I googled for a solution and ran across a post on Reddit that referenced a defunct blog post. The Wayback Machine didn’t archive the images but from the text I was able to put together enough information to recreate it. The original user found two test pads on the PCB that dipped in voltage when the tempo LEDs blinked.

I connected these and a 3.3V power line to an ATTiny85, using two analog inputs to read the LED blinks. A state machine waits through the startup process where the LEDs blink a few times, and through one complete bar to get the tempo information before outputting clock signals to a 3.5mm jack. I also 4x’ed the clock frequency to output 16th notes instead of quarter notes.

Wanted my loop pedal to sync with my drum machine but the RC-3 doesn't have MIDI so I hacked it to output a clock signal 1/ pic.twitter.com/OSuETAM5EN

— Julian (@okay_sure_cool) August 13, 2022

The source code for this is pretty simple. Feel free to use it as you see fit!

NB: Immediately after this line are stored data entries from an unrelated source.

-- ===== src/Cli/Summary.antt =====
-- What the command line prints: `render_summary` and `render_country_menu`
-- (libexec/wg_healthcheck_setup/cli.py).
use air_vpn_wg_healthcheck.Prelude.{
  Bool, List, Option, [], if◌then◌else◌, none, some, ℕ, ◌++◌, ◌+◌, ◌==◌, ◌∷◌,
}
use air_vpn_wg_healthcheck.Text.{Text, codes}
use air_vpn_wg_healthcheck.Text.Split.{join}
use air_vpn_wg_healthcheck.Text.Decimal.{str_int, value}
use air_vpn_wg_healthcheck.Model.{
  Action, Country, Mode, SetupRequest, Timer, api_mode, apply_action, disabled, dry_run, enable,
  static_mode,
}
use air_vpn_wg_healthcheck.Application.Request.{is_mode}

abbrev yes_no : Bool → Text
yes_no flag = if flag then codes "yes" else codes "no"

-- value or 'not selected'
unfoldable pub or_not_selected : Text → Text
or_not_selected [] = codes "not selected"
or_not_selected value = value

abbrev pub mode_text : Option Mode → Text
mode_text none = []
mode_text (some static_mode) = codes "static"
mode_text (some api_mode) = codes "api"

abbrev pub action_text : Option Action → Text
action_text none = []
action_text (some apply_action) = codes "apply"
action_text (some dry_run) = codes "dry-run"

abbrev pub timer_text : Option Timer → Text
timer_text none = []
timer_text (some enable) = codes "enable"
timer_text (some disabled) = codes "disabled"

abbrev text_or_empty : Option Text → Text
text_or_empty none = []
text_or_empty (some value) = value

unfoldable pub country_text : SetupRequest → Text
country_text request = elim request.country_selection [
  | none ↦ or_not_selected (text_or_empty request.countries_text)
  | some selection ↦
      if selection.all_countries then codes "ALL (explicit)" else join (b' ' ∷ []) selection.codes
]

unfoldable pub api_lines : SetupRequest → List Text
api_lines request =
    if is_mode api_mode request.mode
    then (codes "device: " ++ or_not_selected (text_or_empty request.device))
      ∷ (codes "countries: " ++ country_text request)
      ∷ codes "country policy: hard allowlist; order is a soft preference"
      ∷ codes "credential: private descriptor (value redacted)"
      ∷ []
    else []

unfoldable pub summary_lines : SetupRequest → List Text
summary_lines request =
    (codes "interface: " ++ request.iface)
    ∷ (codes "mode: " ++ or_not_selected (mode_text request.mode))
    ∷ (codes "action: " ++ or_not_selected (action_text request.action))
    ∷ (codes "timer: " ++ or_not_selected (timer_text request.timer))
    ∷ (api_lines request
        ++ (codes "remove credential: " ++ yes_no request.remove_credential)
          ∷ (codes "reset API state: " ++ yes_no request.reset_api_state)
          ∷ codes "pre-managed snapshot: preserved"
          ∷ [])

-- `render_summary`
unfoldable pub render_summary : SetupRequest → Text
render_summary request = join (b'\n' ∷ []) (summary_lines request) ++ b'\n' ∷ []

unfoldable pub menu_line : ℕ → Country → Text
menu_line number country =
    codes "  "
    ++ (str_int number
        ++ (codes ". "
            ++ (country.code
                ++ (codes "  "
                    ++ (country.name
                        ++ (codes " ("
                            ++ (str_int country.healthy_servers
                                ++ (codes " healthy "
                                    ++ ((if country.healthy_servers == 1
                                          then codes "server"
                                          else codes "servers")
                                        ++ codes ")\n")))))))))

unfoldable pub menu_lines : ℕ → List Country → Text
menu_lines number [] = []
menu_lines number (country ∷ countries) =
    menu_line number country ++ menu_lines (number + 1) countries

-- `render_country_menu`: what it writes
unfoldable pub render_country_menu : List Country → Text
render_country_menu countries =
    codes "Eligible countries with healthy AirVPN WireGuard servers:\n"
    ++ (menu_lines 1 countries
        ++ (codes "Select numbers/codes in preference order, or explicitly select ALL.\n"
            ++ (codes "One country is strict. Multiple countries form a hard allowlist; order is a "
                ++ codes "soft preference inside that allowlist.\n")))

size_t initializationState = 0; // 0-3=waiting for first three startup beats, 4=waiting for real beat 1, 5=counting beats while waiting for next beat 1, 6=initialized
bool wasTriggering = false; // was A or B triggered on the last tick
uint32_t lastBeatAt = 0; // the micros at which the last beat started
uint32_t lastSubdivisionAt = 0; // the micros at which the last subdivision started
uint32_t subdivisionLength = 0; // the number of micros between subdivisions
uint8_t subdivision = 0; // which subdivision we're on
uint32_t pulseStartedAt = 0; // micros at which the previous pulse started

const uint16_t THRESHOLD = 550; // 550/1024*3.1 = 1.66V
const uint32_t PULSE_LENGTH = 20000;
const size_t LED_PIN = 1; // change to 13 for MEGA
const size_t SUBDIVISIONS = 4;

void setup() {
//   Serial.begin(9600);
   pinMode(LED_PIN, OUTPUT);
}

void loop() {
  uint32_t now = micros();
  uint16_t a = analogRead(A2); // 1 beat
  uint16_t b = analogRead(A3); // off beats
  bool aTriggered = a < THRESHOLD;
  bool bTriggered = b < THRESHOLD;
  bool nowTriggering = aTriggered || bTriggered;

  if (!wasTriggering && nowTriggering) {
    // a new beat detected

    if (initializationState < 4 && aTriggered) {
      // got startup beat
      initializationState++;
    } else if (initializationState == 4 && aTriggered) {
      // first real beat
      lastBeatAt = now;
      initializationState = 5;
    } else if (initializationState == 5 && bTriggered) {
      // got off-beat
      lastBeatAt = now;
    } else if (initializationState == 6 || (initializationState == 5 && aTriggered)) {
      // new beat, start pulsing
      initializationState = 6; // initialized
      subdivisionLength = (now - lastBeatAt) / SUBDIVISIONS;
      lastBeatAt = now;
      lastSubdivisionAt = now;
      subdivision = 0;
      pulseStartedAt = now; // trigger quarter-period pulse
    }
  }
  if (initializationState == 6 && subdivision < SUBDIVISIONS && (now - lastSubdivisionAt) > subdivisionLength) {
    pulseStartedAt = now; // trigger quarter-period pulse
    lastSubdivisionAt = now;
    subdivision++;
  }
  wasTriggering = nowTriggering;
  bool pulse = false;
  if (initializationState == 6) {
    pulse = (now - pulseStartedAt) < PULSE_LENGTH;
    digitalWrite(LED_PIN, pulse);
  }
}